(Collected data entries)
+ + + + +
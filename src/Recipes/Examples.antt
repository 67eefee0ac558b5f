-- ===== src/Recipes/Examples.antt =====
-- The recipe handlers on a public recipe of user 4 and a private one.
use zymobrew.Base.{◌≡◌, refl, false, [], ◌∷◌, none, some, codes, arith, any}
use zymobrew.Base.Int.{pos}
use zymobrew.Schema.{Recipe, Targets, public, private}
use zymobrew.Schema.Recipes.{RecipeRevision, RecipeIngredient, honey, ingredient_kind_of}
use zymobrew.Store.{Db, done}
use zymobrew.Store.Tx.{transaction}
use zymobrew.Page.Examples.{toy}
use zymobrew.Batches.Examples.{before, here, healthy}
use zymobrew.Batches.Events.Laws.{ErrorKeeps}
use zymobrew.Batches.Handlers.{is_recipe, pin_recipe}
use zymobrew.Recipes.{
  float_to_numeric, IngredientInput, CreateRecipeRequest, UpdateRecipeRequest, ForkRecipeRequest,
}
use zymobrew.Recipes.View.{RecipeView, to_recipe_view}
use zymobrew.Recipes.Rows.{
  forked, fit_targets, revised, revision_row, recipe_row, patch_recipe, ingredient_row,
}
use zymobrew.Recipes.Write.{
  copied_ingredient, fork_params, meta_params, handle_create_recipe, handle_update_recipe,
  handle_fork_recipe,
}
use zymobrew.Recipes.Write.Forks.{IsForked, fork_copies}
use zymobrew.Recipes.Read.{
  handle_get_recipe, handle_list_revisions, handle_get_revision, handle_list_comments,
}
use zymobrew.Recipes.Social.{
  handle_create_comment, handle_delete_comment, handle_like_recipe, handle_unlike_recipe,
  handle_delete_recipe,
}
use zymobrew.Recipes.History.Kept.{Kept}
use zymobrew.Recipes.History.Laws.{library-Kept, Appended, update_recipe_appends}
use zymobrew.Recipes.Laws.{recipe-ErrorKeeps}
use zymobrew.Recipes.Hidden.{without_id, hidden_reads, hidden_writes}

abbrev no_targets : Targets
no_targets = record {
  target_og = none;
  target_fg = none;
  target_abv = none;
  batch_size_l = some 20;
}

abbrev traditional : Recipe
traditional = record {
  id = 8;
  author_id = 4;
  parent_id = none;
  parent_revision_id = none;
  current_revision_id = some 81;
  revision_count = 1;
  fork_count = 0;
  brew_type = codes "mead";
  style = none;
  name = codes "old";
  description = none;
  targets = no_targets;
  visibility = public;
  created_at = pos 0;
  updated_at = pos 0;
}

abbrev secret : Recipe
secret = record traditional { id = 9; current_revision_id = some 91; visibility = private }

abbrev first : RecipeRevision
first = record {
  id = 81;
  recipe_id = 8;
  revision_number = 1;
  author_id = 4;
  message = none;
  name = codes "old";
  description = none;
  style = none;
  targets = no_targets;
  ingredients = codes "[]";
  created_at = pos 0;
}

abbrev sweet : RecipeIngredient
sweet = record {
  id = 82;
  recipe_id = 8;
  kind = honey;
  name = codes "clover";
  amount = some 5;
  unit = some (codes "kg");
  sort_order = pos 0;
  details = codes "{}";
}

abbrev shelf : Db
shelf = record before {
  recipes = traditional ∷ secret ∷ [];
  revisions = first ∷ record first { id = 91; recipe_id = 9 } ∷ [];
  ingredients = sweet ∷ [];
}

abbrev water_in : IngredientInput
water_in = record {
  kind = codes "water";
  name = codes "tap";
  amount = some 4;
  unit = [];
  sort_order = pos 1;
  details = [];
}

abbrev draft : CreateRecipeRequest
draft = record {
  name = codes "new";
  brew_type = [];
  style = [];
  description = [];
  targets = no_targets;
  visibility = [];
  message = [];
  ingredients = water_in ∷ [];
}

abbrev patch : UpdateRecipeRequest
patch = record {
  name = some (codes "better");
  style = none;
  description = none;
  targets = no_targets;
  visibility = none;
  message = some (codes "m");
  ingredients = none;
}

abbrev copy : ForkRecipeRequest
copy = record { name = none; message = none }

shelf-Kept : Kept shelf
shelf-Kept = (
  (
    (((λ e. omega (arith, e)), tt), (tt, tt)),
    ((refl, refl), ((refl, refl), tt)),
    (refl, (refl, tt)),
  ),
  (omega arith, (omega arith, tt)),
)

unused : any (is_recipe here.new_recipe_id) shelf.recipes ≡ false
unused = refl

recipe-ErrorKeeps_example :
    ErrorKeeps shelf (handle_create_recipe here healthy 4 (some draft) shelf)
    × ErrorKeeps shelf (handle_update_recipe here healthy 4 (some 8) (some patch) shelf)
    × ErrorKeeps shelf (handle_fork_recipe here healthy 4 (some 8) copy shelf)
    × ErrorKeeps shelf (handle_delete_recipe here healthy 4 (some 8) shelf)
    × ErrorKeeps shelf (handle_create_comment here healthy 4 (some 8) (some (codes "c")) shelf)
    × ErrorKeeps shelf (handle_delete_comment here healthy 4 (some 8) shelf)
    × ErrorKeeps shelf (handle_like_recipe here healthy 4 (some 8) shelf)
    × ErrorKeeps shelf (handle_unlike_recipe here healthy 4 (some 8) shelf)
recipe-ErrorKeeps_example =
    recipe-ErrorKeeps here healthy 4 shelf (some 8) (some draft) (some patch) copy
      (some (codes "c"))

library-Kept_example :
    Kept (handle_create_recipe here healthy 4 (some draft) shelf).0
    × Kept (handle_update_recipe here healthy 4 (some 8) (some patch) shelf).0
    × Kept (handle_fork_recipe here healthy 4 (some 8) copy shelf).0
    × Kept (handle_delete_recipe here healthy 4 (some 8) shelf).0
library-Kept_example =
    library-Kept here healthy 4 shelf (some 8) (some draft) (some patch) copy shelf-Kept unused

abbrev named : Recipe
named = record traditional { name = codes "better"; updated_at = pos 50 }

abbrev second : RecipeView
second =
    to_recipe_view here (revised (pos 50) 22 named)
      (revision_row here named 2 4 (some (codes "m")) (sweet ∷ [])) (sweet ∷ [])

changed : (handle_update_recipe here healthy 4 (some 8) (some patch) shelf).1 ≡ done 200 second
unfolding handle_update_recipe transaction meta_params fit_targets float_to_numeric revision_row
    patch_recipe
changed = refl

update_recipe_appends_example :
    Appended here healthy 4 shelf 8 patch
      (handle_update_recipe here healthy 4 (some 8) (some patch) shelf).0
      second
update_recipe_appends_example =
    update_recipe_appends here healthy 4 shelf 8 patch second shelf-Kept changed

hidden_reads_example :
    (handle_get_recipe here healthy (some 3) (some 9) shelf
      ≡ handle_get_recipe here healthy (some 3) (some 9) (without_id 9 shelf))
    × (handle_list_revisions here healthy (some 3) (some 9) shelf
        ≡ handle_list_revisions here healthy (some 3) (some 9) (without_id 9 shelf))
    × (handle_get_revision here healthy (some 3) (some 9) (codes "1") shelf
        ≡ handle_get_revision here healthy (some 3) (some 9) (codes "1") (without_id 9 shelf))
    × (handle_list_comments toy healthy (some 3) (some 9) [] [] shelf
        ≡ handle_list_comments toy healthy (some 3) (some 9) [] [] (without_id 9 shelf))
hidden_reads_example =
    hidden_reads here healthy shelf 9 secret refl refl (some 3) (codes "1") [] [] toy
      (λ e. omega (arith, e))

hidden_writes_example :
    (handle_update_recipe here healthy 3 (some 9) (some patch) shelf
      ≡ (shelf, (handle_update_recipe here healthy 3 (some 9) (some patch) (without_id 9 shelf)).1))
    × (handle_fork_recipe here healthy 3 (some 9) copy shelf
        ≡ (shelf, (handle_fork_recipe here healthy 3 (some 9) copy (without_id 9 shelf)).1))
    × (handle_delete_recipe here healthy 3 (some 9) shelf
        ≡ (shelf, (handle_delete_recipe here healthy 3 (some 9) (without_id 9 shelf)).1))
    × (handle_create_comment here healthy 3 (some 9) none shelf
        ≡ (shelf, (handle_create_comment here healthy 3 (some 9) none (without_id 9 shelf)).1))
    × (handle_like_recipe here healthy 3 (some 9) shelf
        ≡ (shelf, (handle_like_recipe here healthy 3 (some 9) (without_id 9 shelf)).1))
    × (pin_recipe here healthy 3 (some (some 9)) shelf.recipes
        ≡ pin_recipe here healthy 3 (some (some 9)) (without_id 9 shelf).recipes)
hidden_writes_example =
    hidden_writes here healthy shelf 9 secret refl refl 3 (some patch) copy none shelf-Kept.0.0
      (λ e. omega (arith, e))

abbrev fork_row : Recipe
fork_row = recipe_row here (fork_params 3 traditional (codes "old") private) no_targets

abbrev sweet_copy : RecipeIngredient
sweet_copy = record sweet { id = 30; recipe_id = 21 }

abbrev forked_view : RecipeView
forked_view =
    to_recipe_view here (revised (pos 50) 22 fork_row)
      (revision_row here fork_row 1 3 none (sweet_copy ∷ [])) (sweet_copy ∷ [])

forked_answer : (handle_fork_recipe here healthy 3 (some 8) copy shelf).1 ≡ done 201 forked_view
unfolding handle_fork_recipe recipe_row fork_params transaction fit_targets ingredient_kind_of
    copied_ingredient float_to_numeric revision_row forked ingredient_row
forked_answer = refl

fork_copies_example :
    IsForked here healthy 3 shelf 8 copy (handle_fork_recipe here healthy 3 (some 8) copy shelf).0
fork_copies_example = fork_copies here healthy 3 shelf 8 copy forked_view unused forked_answer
+ + + + +
- Task brief -
The expected output is every line of the records in which the string "IngredientInput" appears.

- Solution to the exercise -
  float_to_numeric, IngredientInput, CreateRecipeRequest, UpdateRecipeRequest, ForkRecipeRequest,
abbrev water_in : IngredientInput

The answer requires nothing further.